Yeah sketch-up rocks....I just wish I would make myself spend the time to learn it. :laughing:

Can't beat the price either. :no:


----------



## kcremodeling

I use the free version. I would say that I spent about 8 hours playing around and watching some of the tutorials. I would highly recommend investing some time to learn the program.


----------



## jimmyb21

It seems like a good program & I just saw the free training video section:thumbsup: I was looking at 20-20 design but it's just so expensive, something cheaper would at least be a good start, I really don't know what the difference is between them so if someone could elighten me, please do


----------



## jimmyb21

good looking bookcase by the way, any pics of the finished product?


----------



## kcremodeling

I didn't get it finished until about 8:00 pm on Friday so I didn't get a chance to take any pics. I'll get some up on Monday.


----------



## J F

Yeah, pics would be nice kc. Good work on your drawing, wait until you've got a year under your belt.

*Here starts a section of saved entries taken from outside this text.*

-- ===== src/Mpt.antt =====
-- pkg/core/mpt: the Merkle Patricia trie.
pub mod Node
pub mod Get
pub mod Put
pub mod Delete
pub mod View
pub mod Paths
pub mod Branches
pub mod Views
pub mod PutFork
pub mod PutLaw
pub mod Shrink
pub mod Joined
pub mod DeleteLaw
pub mod Fans
pub mod Canonical
pub mod GetLaw
pub mod Keys
pub mod Contents
pub mod Roots
pub mod Totals
pub mod Balance
pub mod DeleteBalance
pub mod Refcount
pub mod Counts
pub mod Lost
pub mod Collapse
pub mod CollapseLaw
pub mod Batch
pub mod BatchPaths
pub mod BatchMerge
pub mod BatchBranch
pub mod BatchLaw
pub mod BatchExtension
pub mod BatchNode
pub mod BatchRoot
mod Runs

I've been lazy with su because I've used chief for the last 8 years and can get what I need from it, but I would love to learn sketch-up as well....I'm just too lazy.:laughing:


----------



## kcremodeling

This is in the same basement. The drawing really came in handy with this wet bar. They wanted to stick a small wet bar in the corner. We had a tricky window to work in. They liked what I came up with and was able to sell the upgrade with ease.


----------



## kcremodeling

J.F. I just checked out your website. Awesome stuff. I really like the concept of your website. That's the direction i'm trying to head. Your drawings look really good, I'm going to check out chief. 

Some of those basement drawings are very detailed. How do you go about charging for design work? If somebody just wants some trim done; how do you cover your design time?

After the Edit...

Ok. I spent some more time on your site. Heck, I think I learned a thing or two. I checked out your FAQ on your preferred basement site which had the answers to my questions.


----------



## J F

I'm just getting back into "just" carpentry work, so it's still a work in progress. As far as trim work, like some crown, base, etc., I can give 'em a verbal quote right then and there, no design needed (unless they_ really_ want one...then I'm happy to oblige for the $$).

I got the ipad recently just for doing quick proposals on the spot for "free" (no design work), just plug some #'s into the spreadsheet and get some rough #'s within a minute or two...then the clients can decide if they want to go to the design phase if needed.

This is of course after I've shown them multiple drawings and project pics first (and just did the first presentation with the ipad...it definitely rocks :thumbup.

If someone is really just wanting a room or two of crown, I can give 'em a price range right over the phone after speaking with them for a few minutes.


----------



## J F

The basement designs were anywhere from $800-$2500, with most in the $1,200-$1,600 range, depending on sq. footage and detail needed (cabinetry, etc.).


----------



## kcremodeling

I am trying to gear my business more toward trim as well. Some of the big trim guys here in KC will not work for the public. Do you do work for other GC's or mainly for the public?


----------



## kcremodeling

J F said:


> The basement designs were anywhere from $800-$2500, with most in the $1,200-$1,600 range, depending on sq. footage and detail needed (cabinetry, etc.).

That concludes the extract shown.